▶ [Problem]: Please give back word for word the lines below, from the first one through the one with "A) × (r ≡ ok a))".

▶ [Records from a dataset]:
----

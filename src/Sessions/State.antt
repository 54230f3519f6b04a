-- ===== src/Sessions/State.antt =====
-- sessions/sessions.service.ts: what its operations work on, and how they fail.
use gdm_platform.Common.{Text, Text-eq, ◌≡◌, refl, ◌⊎◌, inl, inr}
use gdm_platform.Participation.Compensation.{EnvNumber}
use gdm_platform.Participation.State.{ParticipationState}
use gdm_platform.Store.State.{StoreState}

-- The two stores that the service holds.
pub record ServiceState (N : Type 0) : Type 0 where
  pub store : StoreState N
  pub participation : ParticipationState

-- The environment values that the service reads.
pub record Environment : Type 0 where
  pub waiting_timeout_minutes : EnvNumber
  pub partial_payment_pence_per_minute : EnvNumber
  pub partial_payment_max_pence : EnvNumber
  pub participant_reconnect_grace_seconds : EnvNumber

-- The exceptions, with their messages; `unknown_session` is the store's own error.
pub data ServiceError : Type 0 where
  bad_request conflict not_found : Text → ServiceError
  unknown_session : ServiceError

pub data Result {ℓ} (A : Type ℓ) : Type ℓ where
  ok : A → Result A
  failed : ServiceError → Result A

pub Result-cases {ℓ} :
    {A : Type ℓ} (r : Result A) → ((e : ServiceError) × (r ≡ failed e)) ⊎ ((a : A) × (r ≡ ok a))
Result-cases (failed e) = inl (e, refl)
Result-cases (ok a) = inr (a, refl)

-- A call gives the state that it leaves behind, whether it returns or throws.
abbrev pub Outcome : Type 0 → Type 0 → Type 0
Outcome N A = ServiceState N × Result A

module _ {N : Type 0} where
  abbrev pub with_store : ServiceState N → StoreState N → ServiceState N
  with_store st store = record st { store = store }

  abbrev pub with_participation : ServiceState N → ParticipationState → ServiceState N
  with_participation st participation = record st { participation = participation }
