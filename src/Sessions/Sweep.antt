-- ===== src/Sessions/Sweep.antt =====
-- sessions/sessions.service.ts: the end of the lobbies that expire or that a new round closes, with
-- the outcomes of their participants.
pub mod Ended
pub mod Settled
use Prim.Native.Nat.{ℕ}
use gdm_platform.Common.{
  Text, Text-eq, text, List, [], ◌∷◌, map, Option, none, some, Bool, true, false, ◌&&◌, not, ◌==◌,
  if◌then◌else◌, ltb, leb, nat_eq, length, keep, sort, is_some, or_else, ◌++◌,
}
use gdm_platform.Shared.Timestamp.{Timestamp}
use gdm_platform.Shared.Interventions.{WorkspaceMode}
use gdm_platform.Shared.Words.{is_test_condition}
use gdm_platform.Shared.Number.{Number}
use gdm_platform.Shared.Models.{
  Session, Participant, ParticipantRecruitmentSource, Condition, ProlificIdentity, ProlificArrival,
}
use gdm_platform.Participation.Compensation.{partial_payment_pence}
use gdm_platform.Participation.Endings.{TerminationCompensation, EndedOutcome}
use gdm_platform.Participation.Rules.{Termination}
use gdm_platform.Participation.State.{ParticipationState, get_prolific_arrival}
use gdm_platform.Participation.Store.{terminate_prolific_participation}
use gdm_platform.Participation.Actions.{link_prolific_arrival}
use gdm_platform.Store.State.{StoreState, RoundState}
use gdm_platform.Store.Rounds.{is_aborted, current_round, start_new_round, claimed_count}
use gdm_platform.Store.Lookup.{
  TaskMode, first, is_empty_text, find_by_tracking_token, find_by_prolific_session, find_forming,
  get_condition, get_session,
}
use gdm_platform.Store.Seats.{add_participant, with_participant}
use gdm_platform.Store.Lifecycle.{
  Aborting, all_waiting, expired, AbortedLobby, LobbyStatus, abort_lobbies, create_forming,
}
use gdm_platform.Store.Settings.{list_conditions}
use gdm_platform.Sessions.State.{
  ServiceState, Environment, ServiceError, Result, ok, failed, Outcome, with_store,
  with_participation,
}

-- Arrivals and sessions are dated by `toISOString`, so that their times are there.
abbrev pub started_ms : Timestamp → ℕ
started_ms t = or_else t.time 0

-- `arrival?.arrivedAt ?? session.createdAt`.
abbrev pub payment_start : Option ProlificArrival → Timestamp → Timestamp
payment_start none created_at = created_at
payment_start (some arrival) created_at = arrival.arrived_at

abbrev pub has_outcome : Option ProlificArrival → Bool
has_outcome none = false
has_outcome (some arrival) = is_some arrival.outcome

abbrev pub lobby_outcome : LobbyStatus → EndedOutcome
lobby_outcome LobbyStatus.provisioning = EndedOutcome.technical_failure
lobby_outcome LobbyStatus.waiting = EndedOutcome.unmatched

abbrev pub lobby_reason : LobbyStatus → Text
lobby_reason LobbyStatus.provisioning =
    text "The complete group could not enter the chat because room provisioning did not "
    ++ text "finish before the deadline."
lobby_reason LobbyStatus.waiting =
    text "The required live group did not form before the waiting deadline."

abbrev pub round_reason : Text
round_reason = text "The waiting lobby closed when the researcher started a new round."

module _ (env : Environment) where
  -- The ending of one participant, with the time since the arrival paid in part.
  unfoldable pub closing :
      Timestamp → EndedOutcome → Text → ℕ → Option ProlificArrival → Termination
  unfolding partial_payment_pence
  closing created_at outcome reason now arrival = record {
    outcome = outcome;
    reason = reason;
    compensation_kind = TerminationCompensation.partial;
    compensation_amount_pence = some (
        partial_payment_pence env.partial_payment_pence_per_minute env.partial_payment_max_pence
          (started_ms (payment_start arrival created_at)) now);
  }

  -- One participant of a session that ends: who has no outcome yet gets one.
  unfoldable pub terminate_participant :
      Timestamp
      → EndedOutcome
      → Text
      → ℕ
      → Option ProlificIdentity
      → ParticipationState
      → ParticipationState
  unfolding get_prolific_arrival terminate_prolific_participation closing
  terminate_participant created_at outcome reason now none st = st
  terminate_participant created_at outcome reason now (some identity) st =
      let arrival = get_prolific_arrival st identity in
      if has_outcome arrival
      then st
      else (terminate_prolific_participation st identity
          (closing created_at outcome reason now arrival) now).0

module _ (env : Environment) {N : Type 0} where
  unfoldable pub terminate_each :
      Timestamp
      → EndedOutcome
      → Text
      → ℕ
      → List (Participant N)
      → ParticipationState
      → ParticipationState
  unfolding terminate_participant
  terminate_each created_at outcome reason now [] st = st
  terminate_each created_at outcome reason now (p ∷ ps) st =
      terminate_each created_at outcome reason now ps
        (terminate_participant env created_at outcome reason now p.prolific st)

  -- The callers pass the id of a session that is there.
  unfoldable pub terminate_session_participants :
      ServiceState N → Text → EndedOutcome → Text → ℕ → ServiceState N
  unfolding get_session terminate_each
  terminate_session_participants st session_id outcome reason now =
      elim (get_session st.store session_id) [
        | none ↦ st
        | some session ↦ with_participation st (
            terminate_each session.created_at outcome reason now session.participants
              st.participation)
      ]

  unfoldable pub terminate_expired : ℕ → List AbortedLobby → ServiceState N → ServiceState N
  unfolding terminate_session_participants
  terminate_expired now [] st = st
  terminate_expired now (lobby ∷ lobbies) st = terminate_expired now lobbies (
      terminate_session_participants st lobby.id (lobby_outcome lobby.prior_status)
        (lobby_reason lobby.prior_status) now)

  unfoldable pub sweep_expired_waiting_rooms : ServiceState N → ℕ → ServiceState N × ℕ
  unfolding abort_lobbies terminate_expired
  sweep_expired_waiting_rooms st now =
      let (store, lobbies) = abort_lobbies st.store (expired now) in
      (terminate_expired now lobbies (with_store st store), length lobbies)

  unfoldable pub terminate_closed : ℕ → List AbortedLobby → ServiceState N → ServiceState N
  unfolding terminate_session_participants
  terminate_closed now [] st = st
  terminate_closed now (lobby ∷ lobbies) st =
      terminate_closed now lobbies
        (terminate_session_participants st lobby.id EndedOutcome.group_aborted round_reason now)

module _ (env : Environment) {N : Type 0} ⦃n : Number N⦄ where
  -- The round that was started, and how many lobbies it closed.
  unfoldable pub do_start_round : ServiceState N → Text → ℕ → ServiceState N × RoundState × ℕ
  unfolding abort_lobbies terminate_closed start_new_round
  do_start_round st label now =
      let (store, lobbies) = abort_lobbies st.store all_waiting in
      let closed = terminate_closed env now lobbies (with_store st store) in
      let (store', round) = start_new_round closed.store label now in
      (with_store closed store', round, length lobbies)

----

▶ [Written response]:
filename src/Sessions/State.antt
repository 54230f3519f6b04a
-- ===== src/Sessions/State.antt =====
-- sessions/sessions.service.ts: what its operations work on, and how they fail.
use gdm_platform.Common.{Text, Text-eq, ◌≡◌, refl, ◌⊎◌, inl, inr}
use gdm_platform.Participation.Compensation.{EnvNumber}
use gdm_platform.Participation.State.{ParticipationState}
use gdm_platform.Store.State.{StoreState}

-- The two stores that the service holds.
pub record ServiceState (N : Type 0) : Type 0 where
  pub store : StoreState N
  pub participation : ParticipationState

-- The environment values that the service reads.
pub record Environment : Type 0 where
  pub waiting_timeout_minutes : EnvNumber
  pub partial_payment_pence_per_minute : EnvNumber
  pub partial_payment_max_pence : EnvNumber
  pub participant_reconnect_grace_seconds : EnvNumber

-- The exceptions, with their messages; `unknown_session` is the store's own error.
pub data ServiceError : Type 0 where
  bad_request conflict not_found : Text → ServiceError
  unknown_session : ServiceError

pub data Result {ℓ} (A : Type ℓ) : Type ℓ where
  ok : A → Result A
  failed : ServiceError → Result A

pub Result-cases {ℓ} :
    {A : Type ℓ} (r : Result A) → ((e : ServiceError) × (r ≡ failed e)) ⊎ ((a : A) × (r ≡ ok a))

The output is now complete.